--- Given data ---
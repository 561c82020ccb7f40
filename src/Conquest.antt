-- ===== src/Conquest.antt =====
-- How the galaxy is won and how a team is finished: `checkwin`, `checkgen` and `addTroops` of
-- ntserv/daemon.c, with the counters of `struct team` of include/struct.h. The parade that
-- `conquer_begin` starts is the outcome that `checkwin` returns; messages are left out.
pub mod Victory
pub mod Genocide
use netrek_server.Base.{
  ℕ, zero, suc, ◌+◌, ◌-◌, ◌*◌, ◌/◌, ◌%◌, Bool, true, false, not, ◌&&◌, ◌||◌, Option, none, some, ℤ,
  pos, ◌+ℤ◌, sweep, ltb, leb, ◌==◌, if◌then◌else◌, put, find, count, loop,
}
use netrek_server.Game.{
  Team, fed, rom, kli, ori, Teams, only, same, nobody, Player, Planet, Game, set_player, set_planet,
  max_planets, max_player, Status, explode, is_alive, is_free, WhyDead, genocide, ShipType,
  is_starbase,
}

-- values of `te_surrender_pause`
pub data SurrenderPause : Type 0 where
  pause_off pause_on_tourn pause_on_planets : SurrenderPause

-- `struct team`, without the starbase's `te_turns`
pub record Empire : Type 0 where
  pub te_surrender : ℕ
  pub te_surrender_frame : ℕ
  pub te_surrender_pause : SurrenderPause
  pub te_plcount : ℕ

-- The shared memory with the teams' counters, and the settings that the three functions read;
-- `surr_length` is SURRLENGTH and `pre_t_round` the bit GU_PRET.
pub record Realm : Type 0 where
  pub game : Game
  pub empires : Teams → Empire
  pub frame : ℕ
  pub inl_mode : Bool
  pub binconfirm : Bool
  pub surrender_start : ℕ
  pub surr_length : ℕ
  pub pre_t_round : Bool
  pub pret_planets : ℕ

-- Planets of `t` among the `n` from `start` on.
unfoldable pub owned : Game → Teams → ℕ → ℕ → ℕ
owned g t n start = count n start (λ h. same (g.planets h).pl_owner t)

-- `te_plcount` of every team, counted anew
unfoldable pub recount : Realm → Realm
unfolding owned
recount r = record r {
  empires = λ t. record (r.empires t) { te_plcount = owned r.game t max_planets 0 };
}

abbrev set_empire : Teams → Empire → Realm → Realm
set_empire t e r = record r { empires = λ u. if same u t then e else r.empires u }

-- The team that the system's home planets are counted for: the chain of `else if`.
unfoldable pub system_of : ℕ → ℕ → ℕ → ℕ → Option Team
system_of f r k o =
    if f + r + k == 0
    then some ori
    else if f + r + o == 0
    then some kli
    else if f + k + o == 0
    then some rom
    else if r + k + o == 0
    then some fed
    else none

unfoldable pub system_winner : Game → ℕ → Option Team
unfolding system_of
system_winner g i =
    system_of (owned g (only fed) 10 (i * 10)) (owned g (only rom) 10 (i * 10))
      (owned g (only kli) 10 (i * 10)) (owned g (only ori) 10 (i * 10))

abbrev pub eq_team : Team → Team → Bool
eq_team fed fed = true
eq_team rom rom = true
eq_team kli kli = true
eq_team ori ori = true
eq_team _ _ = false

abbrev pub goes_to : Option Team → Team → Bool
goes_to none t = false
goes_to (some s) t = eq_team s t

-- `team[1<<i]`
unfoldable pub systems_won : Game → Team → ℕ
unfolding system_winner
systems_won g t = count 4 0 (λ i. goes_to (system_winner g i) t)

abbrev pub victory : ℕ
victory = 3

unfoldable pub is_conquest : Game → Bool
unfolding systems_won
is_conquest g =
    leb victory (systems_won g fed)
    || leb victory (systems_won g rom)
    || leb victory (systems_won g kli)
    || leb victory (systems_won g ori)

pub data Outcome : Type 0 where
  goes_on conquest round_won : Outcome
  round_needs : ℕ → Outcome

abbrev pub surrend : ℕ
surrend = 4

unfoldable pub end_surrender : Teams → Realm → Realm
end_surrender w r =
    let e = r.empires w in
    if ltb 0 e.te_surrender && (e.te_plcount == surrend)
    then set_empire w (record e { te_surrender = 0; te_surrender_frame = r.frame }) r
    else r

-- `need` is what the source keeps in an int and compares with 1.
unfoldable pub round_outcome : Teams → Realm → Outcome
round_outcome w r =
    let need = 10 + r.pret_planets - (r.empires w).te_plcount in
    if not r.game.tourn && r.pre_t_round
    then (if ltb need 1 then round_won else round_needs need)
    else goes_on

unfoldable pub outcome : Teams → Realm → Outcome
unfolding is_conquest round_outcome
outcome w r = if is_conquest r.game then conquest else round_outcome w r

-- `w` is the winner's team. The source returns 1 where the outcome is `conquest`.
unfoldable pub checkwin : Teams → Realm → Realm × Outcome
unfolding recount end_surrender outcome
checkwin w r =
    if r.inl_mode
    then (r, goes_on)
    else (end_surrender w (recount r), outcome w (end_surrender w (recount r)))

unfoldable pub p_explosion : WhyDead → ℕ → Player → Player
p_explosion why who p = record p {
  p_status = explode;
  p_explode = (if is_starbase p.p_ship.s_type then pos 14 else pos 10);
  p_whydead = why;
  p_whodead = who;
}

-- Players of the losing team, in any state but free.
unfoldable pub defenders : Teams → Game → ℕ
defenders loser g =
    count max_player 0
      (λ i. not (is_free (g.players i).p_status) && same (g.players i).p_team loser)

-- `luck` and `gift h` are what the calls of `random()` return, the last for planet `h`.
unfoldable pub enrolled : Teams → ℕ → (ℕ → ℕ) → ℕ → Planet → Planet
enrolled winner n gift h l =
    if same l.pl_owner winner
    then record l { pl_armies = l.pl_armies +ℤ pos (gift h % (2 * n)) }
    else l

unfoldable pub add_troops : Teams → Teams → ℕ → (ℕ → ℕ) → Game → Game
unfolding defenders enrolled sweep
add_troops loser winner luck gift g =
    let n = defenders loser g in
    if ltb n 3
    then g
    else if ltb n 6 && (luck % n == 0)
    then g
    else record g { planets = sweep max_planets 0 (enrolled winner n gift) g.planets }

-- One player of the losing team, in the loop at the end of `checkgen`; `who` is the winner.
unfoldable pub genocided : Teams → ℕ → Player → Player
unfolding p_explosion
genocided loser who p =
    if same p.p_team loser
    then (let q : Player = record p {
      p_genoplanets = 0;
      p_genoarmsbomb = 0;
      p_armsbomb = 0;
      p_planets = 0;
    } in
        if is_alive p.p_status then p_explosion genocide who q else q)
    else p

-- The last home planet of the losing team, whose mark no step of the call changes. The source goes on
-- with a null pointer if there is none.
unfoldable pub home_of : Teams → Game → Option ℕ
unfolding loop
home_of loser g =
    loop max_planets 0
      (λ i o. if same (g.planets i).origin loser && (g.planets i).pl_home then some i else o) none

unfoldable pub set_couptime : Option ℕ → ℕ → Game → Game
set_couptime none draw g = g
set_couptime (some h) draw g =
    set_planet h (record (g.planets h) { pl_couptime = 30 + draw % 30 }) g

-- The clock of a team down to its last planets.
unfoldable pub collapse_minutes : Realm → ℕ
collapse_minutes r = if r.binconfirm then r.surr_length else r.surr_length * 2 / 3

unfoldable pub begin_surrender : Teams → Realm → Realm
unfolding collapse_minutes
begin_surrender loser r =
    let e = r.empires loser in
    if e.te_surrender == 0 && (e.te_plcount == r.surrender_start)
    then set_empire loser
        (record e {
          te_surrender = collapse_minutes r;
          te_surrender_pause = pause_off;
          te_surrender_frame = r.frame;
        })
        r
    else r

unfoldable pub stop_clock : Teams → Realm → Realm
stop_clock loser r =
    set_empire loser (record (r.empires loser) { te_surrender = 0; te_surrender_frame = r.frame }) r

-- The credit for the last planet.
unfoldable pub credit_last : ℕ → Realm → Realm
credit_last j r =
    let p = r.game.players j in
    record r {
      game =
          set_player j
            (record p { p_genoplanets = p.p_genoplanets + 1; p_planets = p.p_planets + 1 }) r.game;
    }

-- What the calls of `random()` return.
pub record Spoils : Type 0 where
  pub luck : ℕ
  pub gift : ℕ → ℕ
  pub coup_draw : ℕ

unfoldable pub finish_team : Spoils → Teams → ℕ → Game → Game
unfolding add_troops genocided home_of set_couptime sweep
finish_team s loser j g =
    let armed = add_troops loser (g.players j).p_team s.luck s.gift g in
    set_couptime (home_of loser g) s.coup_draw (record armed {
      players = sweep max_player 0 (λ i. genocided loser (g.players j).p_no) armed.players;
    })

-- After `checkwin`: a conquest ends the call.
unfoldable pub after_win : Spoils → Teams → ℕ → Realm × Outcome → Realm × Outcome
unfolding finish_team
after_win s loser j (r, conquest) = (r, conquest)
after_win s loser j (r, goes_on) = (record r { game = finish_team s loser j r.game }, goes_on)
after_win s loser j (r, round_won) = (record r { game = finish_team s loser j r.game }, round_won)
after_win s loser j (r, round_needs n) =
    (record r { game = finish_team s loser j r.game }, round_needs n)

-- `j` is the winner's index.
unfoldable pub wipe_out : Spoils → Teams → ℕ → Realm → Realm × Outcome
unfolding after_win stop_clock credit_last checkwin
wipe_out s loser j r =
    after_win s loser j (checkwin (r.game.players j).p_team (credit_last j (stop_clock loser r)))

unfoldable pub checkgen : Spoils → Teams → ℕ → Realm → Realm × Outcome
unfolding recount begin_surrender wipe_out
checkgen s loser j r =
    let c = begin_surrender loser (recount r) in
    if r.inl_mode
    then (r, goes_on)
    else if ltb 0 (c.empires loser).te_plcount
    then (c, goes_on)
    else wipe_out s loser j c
---
--- Given data ---
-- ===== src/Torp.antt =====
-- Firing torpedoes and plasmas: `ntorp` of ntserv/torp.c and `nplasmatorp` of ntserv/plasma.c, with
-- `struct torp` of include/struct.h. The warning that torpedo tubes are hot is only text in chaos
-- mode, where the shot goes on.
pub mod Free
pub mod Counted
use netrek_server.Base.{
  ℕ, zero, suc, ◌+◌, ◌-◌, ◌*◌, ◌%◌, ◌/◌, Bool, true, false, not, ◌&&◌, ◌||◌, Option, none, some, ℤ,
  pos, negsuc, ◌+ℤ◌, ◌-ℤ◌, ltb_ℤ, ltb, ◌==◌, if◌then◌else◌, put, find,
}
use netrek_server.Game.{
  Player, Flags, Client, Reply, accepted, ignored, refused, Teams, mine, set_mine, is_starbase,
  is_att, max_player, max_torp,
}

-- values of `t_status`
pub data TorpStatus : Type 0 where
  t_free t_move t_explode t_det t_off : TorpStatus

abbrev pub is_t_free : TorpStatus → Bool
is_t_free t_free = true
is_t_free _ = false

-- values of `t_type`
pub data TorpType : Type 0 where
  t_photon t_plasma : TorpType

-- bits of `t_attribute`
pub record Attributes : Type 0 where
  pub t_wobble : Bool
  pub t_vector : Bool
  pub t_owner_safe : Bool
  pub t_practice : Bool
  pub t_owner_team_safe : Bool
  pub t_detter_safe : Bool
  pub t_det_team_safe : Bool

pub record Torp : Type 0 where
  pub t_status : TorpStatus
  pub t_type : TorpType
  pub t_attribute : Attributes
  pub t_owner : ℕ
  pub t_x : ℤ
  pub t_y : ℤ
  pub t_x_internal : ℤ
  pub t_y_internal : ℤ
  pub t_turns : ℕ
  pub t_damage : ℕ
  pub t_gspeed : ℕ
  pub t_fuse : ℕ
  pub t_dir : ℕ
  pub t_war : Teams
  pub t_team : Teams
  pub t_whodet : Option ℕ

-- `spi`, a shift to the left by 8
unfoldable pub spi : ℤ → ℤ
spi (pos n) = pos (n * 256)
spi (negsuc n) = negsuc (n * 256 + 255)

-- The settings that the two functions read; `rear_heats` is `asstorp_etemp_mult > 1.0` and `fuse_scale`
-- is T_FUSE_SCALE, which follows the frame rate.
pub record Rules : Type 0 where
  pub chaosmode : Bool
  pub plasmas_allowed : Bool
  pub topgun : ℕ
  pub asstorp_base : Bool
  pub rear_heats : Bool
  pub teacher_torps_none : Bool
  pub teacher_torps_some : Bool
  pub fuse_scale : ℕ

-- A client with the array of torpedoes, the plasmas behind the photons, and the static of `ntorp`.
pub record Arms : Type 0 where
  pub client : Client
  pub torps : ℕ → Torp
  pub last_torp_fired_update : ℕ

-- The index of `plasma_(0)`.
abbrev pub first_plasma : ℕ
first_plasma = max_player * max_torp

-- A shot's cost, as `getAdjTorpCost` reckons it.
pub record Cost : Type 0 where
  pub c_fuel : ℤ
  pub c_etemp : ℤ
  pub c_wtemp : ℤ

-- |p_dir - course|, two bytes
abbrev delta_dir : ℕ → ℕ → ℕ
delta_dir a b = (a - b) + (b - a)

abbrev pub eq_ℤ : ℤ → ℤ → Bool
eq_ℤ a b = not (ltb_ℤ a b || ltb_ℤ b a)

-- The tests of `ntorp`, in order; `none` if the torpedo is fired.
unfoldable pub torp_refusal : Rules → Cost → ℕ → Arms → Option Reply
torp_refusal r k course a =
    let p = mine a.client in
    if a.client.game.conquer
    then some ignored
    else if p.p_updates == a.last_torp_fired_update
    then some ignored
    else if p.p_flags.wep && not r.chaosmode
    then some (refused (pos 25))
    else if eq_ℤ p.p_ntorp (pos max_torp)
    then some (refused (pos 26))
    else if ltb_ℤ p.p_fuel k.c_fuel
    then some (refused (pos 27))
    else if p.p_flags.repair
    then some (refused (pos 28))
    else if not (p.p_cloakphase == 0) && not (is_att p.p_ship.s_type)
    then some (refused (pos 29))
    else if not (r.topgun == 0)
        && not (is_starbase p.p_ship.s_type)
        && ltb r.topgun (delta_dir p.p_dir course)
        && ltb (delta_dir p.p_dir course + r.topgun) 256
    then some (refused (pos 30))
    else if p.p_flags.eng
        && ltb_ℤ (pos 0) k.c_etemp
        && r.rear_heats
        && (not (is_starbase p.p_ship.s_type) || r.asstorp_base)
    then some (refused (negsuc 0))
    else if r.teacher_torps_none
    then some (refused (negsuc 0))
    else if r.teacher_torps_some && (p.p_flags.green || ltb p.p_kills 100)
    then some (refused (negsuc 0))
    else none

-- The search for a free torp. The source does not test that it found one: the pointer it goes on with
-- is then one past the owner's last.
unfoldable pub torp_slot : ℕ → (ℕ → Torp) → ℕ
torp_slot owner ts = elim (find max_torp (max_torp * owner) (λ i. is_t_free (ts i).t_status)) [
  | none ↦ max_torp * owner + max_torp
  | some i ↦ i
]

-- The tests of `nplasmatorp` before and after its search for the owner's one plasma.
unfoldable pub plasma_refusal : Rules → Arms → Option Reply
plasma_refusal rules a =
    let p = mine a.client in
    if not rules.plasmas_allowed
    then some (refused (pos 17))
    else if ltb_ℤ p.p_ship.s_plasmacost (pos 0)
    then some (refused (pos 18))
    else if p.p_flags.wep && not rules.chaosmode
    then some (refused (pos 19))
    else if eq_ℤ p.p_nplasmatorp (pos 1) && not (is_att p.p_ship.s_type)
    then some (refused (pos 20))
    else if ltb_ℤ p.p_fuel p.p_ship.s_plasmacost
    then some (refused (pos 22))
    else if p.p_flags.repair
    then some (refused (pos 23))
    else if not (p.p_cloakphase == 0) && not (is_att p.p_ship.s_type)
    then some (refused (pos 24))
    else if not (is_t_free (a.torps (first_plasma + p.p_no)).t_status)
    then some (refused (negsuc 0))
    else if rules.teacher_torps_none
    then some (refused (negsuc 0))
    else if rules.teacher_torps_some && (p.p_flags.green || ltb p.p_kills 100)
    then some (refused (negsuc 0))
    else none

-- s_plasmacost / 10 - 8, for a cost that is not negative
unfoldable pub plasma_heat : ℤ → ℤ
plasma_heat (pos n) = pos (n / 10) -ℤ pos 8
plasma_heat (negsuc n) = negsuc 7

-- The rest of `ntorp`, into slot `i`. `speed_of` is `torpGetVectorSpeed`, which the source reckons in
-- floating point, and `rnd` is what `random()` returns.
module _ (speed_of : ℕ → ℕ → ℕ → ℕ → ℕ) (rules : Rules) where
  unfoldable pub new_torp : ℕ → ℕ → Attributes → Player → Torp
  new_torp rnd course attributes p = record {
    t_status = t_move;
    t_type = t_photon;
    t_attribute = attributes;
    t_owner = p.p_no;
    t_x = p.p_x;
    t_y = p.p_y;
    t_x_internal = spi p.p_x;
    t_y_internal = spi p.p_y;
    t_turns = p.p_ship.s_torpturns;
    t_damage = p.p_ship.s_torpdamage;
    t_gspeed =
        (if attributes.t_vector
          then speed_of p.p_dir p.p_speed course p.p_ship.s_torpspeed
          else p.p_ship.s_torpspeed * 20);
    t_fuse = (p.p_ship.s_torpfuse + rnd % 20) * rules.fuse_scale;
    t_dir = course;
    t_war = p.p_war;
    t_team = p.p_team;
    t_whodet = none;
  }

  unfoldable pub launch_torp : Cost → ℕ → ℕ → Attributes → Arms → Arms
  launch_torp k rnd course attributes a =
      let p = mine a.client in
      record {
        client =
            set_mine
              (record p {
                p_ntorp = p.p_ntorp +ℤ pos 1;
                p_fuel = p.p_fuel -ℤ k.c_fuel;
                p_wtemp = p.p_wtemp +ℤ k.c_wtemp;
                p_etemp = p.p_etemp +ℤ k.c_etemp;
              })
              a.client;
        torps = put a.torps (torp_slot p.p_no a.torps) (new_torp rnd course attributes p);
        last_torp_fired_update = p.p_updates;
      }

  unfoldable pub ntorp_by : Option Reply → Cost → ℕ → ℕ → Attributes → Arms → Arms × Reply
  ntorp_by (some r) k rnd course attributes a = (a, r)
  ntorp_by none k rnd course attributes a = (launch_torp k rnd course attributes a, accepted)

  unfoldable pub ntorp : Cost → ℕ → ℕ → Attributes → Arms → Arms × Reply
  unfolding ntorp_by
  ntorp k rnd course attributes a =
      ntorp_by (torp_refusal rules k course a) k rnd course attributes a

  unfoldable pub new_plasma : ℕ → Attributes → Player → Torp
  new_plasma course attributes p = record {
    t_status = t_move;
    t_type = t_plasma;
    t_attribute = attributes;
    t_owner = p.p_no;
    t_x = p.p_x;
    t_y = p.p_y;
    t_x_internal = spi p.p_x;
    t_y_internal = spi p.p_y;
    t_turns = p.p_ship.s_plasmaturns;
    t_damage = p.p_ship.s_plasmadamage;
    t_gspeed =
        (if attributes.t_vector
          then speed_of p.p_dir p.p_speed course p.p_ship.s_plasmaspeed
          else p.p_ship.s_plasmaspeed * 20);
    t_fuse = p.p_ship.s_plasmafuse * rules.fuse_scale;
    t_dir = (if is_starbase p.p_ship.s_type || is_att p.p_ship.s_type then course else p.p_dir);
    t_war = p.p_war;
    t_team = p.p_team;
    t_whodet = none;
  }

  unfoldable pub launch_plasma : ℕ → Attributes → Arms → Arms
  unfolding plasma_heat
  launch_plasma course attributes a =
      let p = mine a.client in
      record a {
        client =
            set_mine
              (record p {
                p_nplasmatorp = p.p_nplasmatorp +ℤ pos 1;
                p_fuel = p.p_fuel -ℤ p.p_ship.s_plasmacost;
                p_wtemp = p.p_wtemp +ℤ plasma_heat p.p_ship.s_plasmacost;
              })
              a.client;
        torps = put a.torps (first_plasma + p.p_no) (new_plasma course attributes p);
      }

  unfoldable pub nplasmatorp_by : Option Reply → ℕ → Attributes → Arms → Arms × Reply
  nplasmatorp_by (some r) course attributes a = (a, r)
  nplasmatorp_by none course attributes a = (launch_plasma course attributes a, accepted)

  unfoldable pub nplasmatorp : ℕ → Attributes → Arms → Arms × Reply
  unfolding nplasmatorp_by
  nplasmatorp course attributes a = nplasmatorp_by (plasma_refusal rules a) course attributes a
---
Task statement:
The expected output is exactly the lines of the listing above between the line holding "the left by 8" and the line holding "-- is T_FUSE_SCALE, which", inclusive.

Response to the task:
-- `spi`, a shift to the left by 8
unfoldable pub spi : ℤ → ℤ
spi (pos n) = pos (n * 256)
spi (negsuc n) = negsuc (n * 256 + 255)

-- The settings that the two functions read; `rear_heats` is `asstorp_etemp_mult > 1.0` and `fuse_scale`
-- is T_FUSE_SCALE, which follows the frame rate.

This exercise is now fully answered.